No prob. I think it’s a great idea

amelius · on Jan 11, 2023

I guess this would only become a reality if games started requiring these cards.

mcbuilder · on Jan 11, 2023

Well if it used to cost you $1 for 1hr at 1x speed, now it will take you 10hr at 0.1x speed, and if my math checks out $1. You need to shrink the model.

amelius · on Jan 11, 2023

But of course now you run it on your own computer instead of in the DC, which changes the numbers. Especially if your student dorm has a shared electricity bill :)

willseth · on Jan 11, 2023

The good news is that, unlike vehicles, the rate for rented compute will continue to drop

Apofis · on Jan 11, 2023

Let's not forget that rendering 3D Animations in 3DSMAX or Maya used to take days for a single frame for a complex scene, and months for a few minutes.

swader999 · on Jan 11, 2023

You have to gas it up and heaven help you if it gets a scratch or a scuff.

speed_spread · on Jan 11, 2023

Great news!
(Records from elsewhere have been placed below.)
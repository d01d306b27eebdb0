-- ===== src/Auth/Login/Granted.antt =====
-- What a login ends with.
mod FirstStep
mod SecondStep
use nyzrating.Prelude.{
  ℕ, ◌≡◌, refl, Bool, true, false, not, ◌&&◌, ◌||◌, Option, none, some, is_some, List, ◌⊎◌, inl,
  inr, Bool-cases, Option-cases, if◌then◌else◌, ◌==◌, arith, sym, ◌∙◌, subst,
}
use nyzrating.Prelude.Text.{Text, truthy, or_empty}
use nyzrating.Users.{User, get_by_id, get_by_email, record_failed_login, reset_failed_login}
use nyzrating.Auth.Tokens.{Jwt, Config, minute}
use nyzrating.Auth.TwoFactor.Codes.{TwoFactorCode, get_valid_code}
use nyzrating.Auth.TwoFactor.Pending.{PendingLogin, create_pending, get_user_id, consume}
use nyzrating.Auth.TwoFactor.Authenticators.{get_enabled_secret}
use nyzrating.Auth.TwoFactor.Totp.{verify_authenticator_code}
use nyzrating.Auth.TwoFactor.Attempts.{Attempt, reset_for_success}
use nyzrating.Auth.TwoFactor.Service.{
  TwoFactorService, Factors, after_lookup, any_blocked, create_and_send_code, is_limited,
  verify_code,
}
use nyzrating.Auth.Login.{
  AuthDb, LoginService, LoginInput, LoginSuccess, LoginResult, login_success, two_factor_required,
  refused, too_many_attempts, failed, issue_tokens, transaction,
}
use nyzrating.Auth.Login.First.{
  after_send, send_code, after_pending, challenge, check_password, login_step1,
  pending_expire_minutes,
}
use nyzrating.Auth.Login.Second.{
  authenticator_max_attempts, authenticator_window, authenticator_scopes,
  record_authenticator_failed, limited, log_in, after_code, with_attempts, wrong_authenticator,
  judge_authenticator, check_authenticator, judge_email, check_factor, check_pending, login_step2,
}
use nyzrating.Auth.Login.Entry.{login}
use nyzrating.Auth.Login.Outcome.{IsSingle, EndsWell, issue-EndsWell, if-EndsWell, split-EndsWell}
use nyzrating.Auth.Login.Reasons.{ByPassword, CodeOk, BySecondFactor, Why}
use nyzrating.Auth.Login.Granted.FirstStep.{password-EndsWell}
use nyzrating.Auth.Login.Granted.SecondStep.{check_pending-EndsWell}

module _ {T : Type 0} (jwt : Jwt T) (config : Config) (svc : LoginService) where
  transaction-EndsWell :
      (inp : LoginInput) (W : User → Type 0) (db : AuthDb) (x : LoginResult T × AuthDb)
      → EndsWell jwt config inp W db x
      → EndsWell jwt config inp W db (transaction jwt config db x)
  unfolding transaction
  transaction-EndsWell inp W db (login_success r, after) h = h
  transaction-EndsWell inp W db (two_factor_required token challenge, after) h = h
  transaction-EndsWell inp W db (refused, after) h = h
  transaction-EndsWell inp W db (too_many_attempts, after) h = refl
  transaction-EndsWell inp W db (failed, after) h = refl

  login-EndsWell :
      (inp : LoginInput) (db : AuthDb)
      → EndsWell jwt config inp (Why svc inp db) db (login jwt config svc inp db)
  unfolding login login_step1 login_step2
  login-EndsWell inp db = transaction-EndsWell inp (Why svc inp db) db _ (
      if-EndsWell jwt config inp (Why svc inp db) db
        (truthy (or_empty inp.pending_token) && truthy (or_empty inp.two_factor_code)) _ _
        (check_pending-EndsWell jwt config svc inp svc.two_factor_service db _ refl)
        (if-EndsWell jwt config inp (Why svc inp db) db
          (truthy (or_empty inp.email) && truthy (or_empty inp.password)) _ (refused, db)
          (password-EndsWell jwt config svc inp db _ refl) refl))

  -- A login that succeeds is that of an active user: found by the e-mail address, whose password
  -- was right, where the second factor is switched off and the user has no authenticator; or
  -- else the user of a pending token that has not expired, with a code that the authenticator
  -- shows, or, for a user without one, a valid e-mailed code.
  pub login_success-reason :
      (inp : LoginInput) (db after : AuthDb) (r : LoginSuccess T)
      → login jwt config svc inp db ≡ (login_success r, after)
      → Why svc inp db r.user
  login_success-reason inp db after r e =
      (subst (EndsWell jwt config inp (Why svc inp db) db) e (login-EndsWell inp db)).0

  -- After a login that succeeds the user has exactly one open session, and the new jti leads to
  -- an open session of the user with the hash and the expiry of the refresh token.
  pub login_success-IsSingle :
      (inp : LoginInput) (db after : AuthDb) (r : LoginSuccess T)
      → login jwt config svc inp db ≡ (login_success r, after)
      → IsSingle jwt config inp r after
  login_success-IsSingle inp db after r e =
      (subst (EndsWell jwt config inp (Why svc inp db) db) e (login-EndsWell inp db)).1

  abbrev pub succeeds : LoginResult T → Bool
  succeeds (login_success r) = true
  succeeds (two_factor_required token challenge) = false
  succeeds refused = false
  succeeds too_many_attempts = false
  succeeds failed = false

  abbrev pub raises : LoginResult T → Bool
  raises (login_success r) = false
  raises (two_factor_required token challenge) = false
  raises refused = false
  raises too_many_attempts = true
  raises failed = true

  transaction_undone :
      (db after : AuthDb) (x : LoginResult T × AuthDb) (r : LoginResult T)
      → raises r ≡ true
      → transaction jwt config db x ≡ (r, after)
      → after ≡ db
  unfolding transaction
  transaction_undone db after (login_success s, d) r p e = ground arith
  transaction_undone db after (two_factor_required token challenge, d) r p e = ground arith
  transaction_undone db after (refused, d) r p e = ground arith
  transaction_undone db after (too_many_attempts, d) r p e = ground arith
  transaction_undone db after (failed, d) r p e = ground arith

  login_undone :
      (inp : LoginInput) (db after : AuthDb) (r : LoginResult T)
      → raises r ≡ true
      → login jwt config svc inp db ≡ (r, after)
      → after ≡ db
  unfolding login
  login_undone inp db after r p e = transaction_undone db after _ r p e

  same_sessions :
      (inp : LoginInput) (W : User → Type 0) (db after : AuthDb) (r : LoginResult T)
      → succeeds r ≡ false
      → EndsWell jwt config inp W db (r, after)
      → after.sessions ≡ db.sessions
  same_sessions inp W db after (login_success s) p h = cc
  same_sessions inp W db after (two_factor_required token challenge) p h = h
  same_sessions inp W db after refused p h = h
  same_sessions inp W db after too_many_attempts p h = h
  same_sessions inp W db after failed p h = h

  -- A login that does not succeed opens and closes no session, and one that raises an exception
  -- leaves every table as it was, the counts of failed attempts and the pending tokens included.
  pub login_error :
      (inp : LoginInput) (db after : AuthDb) (r : LoginResult T)
      → succeeds r ≡ false
      → login jwt config svc inp db ≡ (r, after)
      → (after.sessions ≡ db.sessions) × ((raises r ≡ false) ⊎ (after ≡ db))
  login_error inp db after r p e = (
    same_sessions inp (Why svc inp db) db after r p
        (subst (EndsWell jwt config inp (Why svc inp db) db) e (login-EndsWell inp db)),
    elim (Bool-cases (raises r)) [
      | inl raised ↦ inr (login_undone inp db after r raised e)
      | inr quiet ↦ inl quiet
    ],
  )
Cloud instances energy usage is included in their price, and because they're remote and transient it's impossible to permanently damage them.

aequitas · on Jan 11, 2023

I think the equivalent of being not careful and getting a dent in this context is to leave it open to the internet and having a bitcoin miner installed.

Aissen · on Jan 11, 2023

You free the instance and the miner is gone.

iso1631 · on Jan 11, 2023

As you are paying for the resources you use that's fine.

The closest would be if you used some form of software bug to actually cause physical damage, certainly not impossible, but extremely unlikely compared with actually physically damaging a car.

idonotknowwhy · on Jan 11, 2023

A better fit would be, if you have unlimited liability like with AWS, and you leak your key pair. Then someone runs up a 100k bill setting up mining instances

DesiLurker · on Jan 11, 2023

but you still have to pay for network ingress/egress traffic.

ofcourseyoudo · on Jan 11, 2023

Similarly maybe we should only let people rent a NanoGPT box if they are over 25 and they have to get collision insurance.